I have had great success polishing CDs with minute and even heavy scratches and have got them to play fine. The underside is just plastic. The data is on the underside of the silver layer which is actually the top of the CD. Thus, polishing is not putting the data at risk.

And your allotment has not expired! We would enjoy continuing to hear from you. :slight_smile:


#7
Stevie B said I examined the offending CDs and sure enough there were scratches that appeared to be radiating from the center probably as the result of mishandling while loading into a input slot (car system). The other Cd was new but had an air bubble or blob near the edge and the problem appeared on the first song, then stopped.
The video rental stores in my area have disc polishing machines that can buff out scratches and make CDs/DVDs look like new. They charge between 2-3 dollars per disc.

CDs are read starting from the center and going out to the outside edge, so a bubble or blob near the outside edge should not effect track 1.


#8

test


#9
bstanwick said

CDs are read starting from the center and going out to the outside edge, so a bubble or blob near the outside edge should not effect track 1.


Excellent point.

Trivia: The TOC (table of contents) of a Redbook CD occupies the innermost 0.4 millimeters of the disc. I still find this sounds like magic.


#10

Elk and bstanwick, excellent advice, I will investigate the polishing options. And I should have said the inside edge near the hole. I was not aware of the TOC and guess I would have gotten an error if that could not be read.

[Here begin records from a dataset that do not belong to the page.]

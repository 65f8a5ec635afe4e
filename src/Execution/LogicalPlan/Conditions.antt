-- ===== src/Execution/LogicalPlan/Conditions.antt =====
-- The calls that add scans, joins and filters keep a plan resolved
-- (komfydb/execution/logical_plan/logical_plan.cc).
use komfy_db.Common.Field.{Field}
use komfy_db.Base.{ℕ, refl, [], ◌∷◌, ◌++◌, if◌then◌else◌, Bytes, bytes_eq}
use komfy_db.Base.Maps.{lookup}
use komfy_db.Base.Status.{StatusOr, ok, err, unimplemented, ◌>>◌}
use komfy_db.Common.Op.{Op}
use komfy_db.Execution.LogicalPlan.{
  ColumnRef, LogicalPlan, join_columns, join_subplan, two_columns, column_constant,
  is_duplicate_condition, check_column_ref,
}
use komfy_db.Execution.LogicalPlan.Build.{
  add_scan, add_join, add_subquery_join, add_filter_col_col, add_filter_col_const,
}
use komfy_db.Execution.LogicalPlan.Resolved.{
  JoinResolves, FilterResolves, IsResolved, All-snoc, both_passed, passed-IsResolved,
  scan_found-IsResolved,
}

module _ {Sub : Type 0} where
  pub add_scan-IsResolved :
      (table_id : ℕ) (alias : Bytes) (p : LogicalPlan Sub)
      → IsResolved p
      → IsResolved (add_scan table_id alias p).0
  unfolding add_scan
  add_scan-IsResolved table_id alias p h =
      scan_found-IsResolved table_id alias p (lookup bytes_eq alias p.alias_to_id) refl h

  pub add_join-IsResolved :
      (lref : ColumnRef) (op : Op) (rref : ColumnRef) (p : LogicalPlan Sub)
      → IsResolved p
      → IsResolved (add_join lref op rref p).0
  unfolding add_join
  add_join-IsResolved lref op rref p h =
      passed-IsResolved (check_column_ref p lref >> (check_column_ref p rref >> fresh)) p
        (record p { joins = p.joins ++ join_columns lref op rref ∷ [] }, ok tt) h
        (λ k.
          let l = both_passed (check_column_ref p lref) (check_column_ref p rref >> fresh) k in
          let r = both_passed (check_column_ref p rref) fresh l.1 in
          record {
            scans = h.scans;
            joins =
                All-snoc (JoinResolves p.catalog p.alias_to_id) p.joins (join_columns lref op rref)
                  h.joins (l.0, r.0);
            filters = h.filters;
            selects = h.selects;
            aggregates = h.aggregates;
            groups = h.groups;
            order = h.order;
            exclusive = h.exclusive;
          })
    where
      fresh : StatusOr (Unit {0})
      fresh = if is_duplicate_condition lref rref p.joins then err unimplemented else ok tt

  pub add_subquery_join-IsResolved :
      (ref : ColumnRef) (op : Op) (subplan : Sub) (p : LogicalPlan Sub)
      → IsResolved p
      → IsResolved (add_subquery_join ref op subplan p).0
  unfolding add_subquery_join
  add_subquery_join-IsResolved ref op subplan p h =
      passed-IsResolved (check_column_ref p ref) p
        (record p { joins = p.joins ++ join_subplan ref op subplan ∷ [] }, ok tt) h
        (λ k. record {
          scans = h.scans;
          joins =
              All-snoc (JoinResolves p.catalog p.alias_to_id) p.joins (join_subplan ref op subplan)
                h.joins k;
          filters = h.filters;
          selects = h.selects;
          aggregates = h.aggregates;
          groups = h.groups;
          order = h.order;
          exclusive = h.exclusive;
        })

  pub add_filter_col_col-IsResolved :
      (lref : ColumnRef) (op : Op) (rref : ColumnRef) (p : LogicalPlan Sub)
      → IsResolved p
      → IsResolved (add_filter_col_col lref op rref p).0
  unfolding add_filter_col_col
  add_filter_col_col-IsResolved lref op rref p h =
      passed-IsResolved (check_column_ref p lref >> check_column_ref p rref) p
        (record p { filters = p.filters ++ two_columns lref op rref ∷ [] }, ok tt) h
        (λ k. record {
          scans = h.scans;
          joins = h.joins;
          filters =
              All-snoc (FilterResolves p.catalog p.alias_to_id) p.filters (two_columns lref op rref)
                h.filters (both_passed (check_column_ref p lref) (check_column_ref p rref) k);
          selects = h.selects;
          aggregates = h.aggregates;
          groups = h.groups;
          order = h.order;
          exclusive = h.exclusive;
        })

  pub add_filter_col_const-IsResolved :
      (ref : ColumnRef) (op : Op) (const_field : Field) (p : LogicalPlan Sub)
      → IsResolved p
      → IsResolved (add_filter_col_const ref op const_field p).0
  unfolding add_filter_col_const
  add_filter_col_const-IsResolved ref op const_field p h =
      passed-IsResolved (check_column_ref p ref) p
        (record p { filters = p.filters ++ column_constant ref op const_field ∷ [] }, ok tt) h
        (λ k. record {
          scans = h.scans;
          joins = h.joins;
          filters =
              All-snoc (FilterResolves p.catalog p.alias_to_id) p.filters
                (column_constant ref op const_field) h.filters k;
          selects = h.selects;
          aggregates = h.aggregates;
          groups = h.groups;
          order = h.order;
          exclusive = h.exclusive;
        })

In case of a read error, does the transport try to reconstruct the data, simply re-read X times or skip to the next readable sector, and while it is doing this, the DAC just waits? Is that a dropout?

Steve


#11

It is very cool how it works.

The player accesses redundant information on the CD to reconstruct the content lost when there is a read error - and there are always read errors.

When the data loss is too large to be handled by the above redundancy error correction scheme, the CD player employs a concealment circuit which interpolates the lost data from the surrounding data.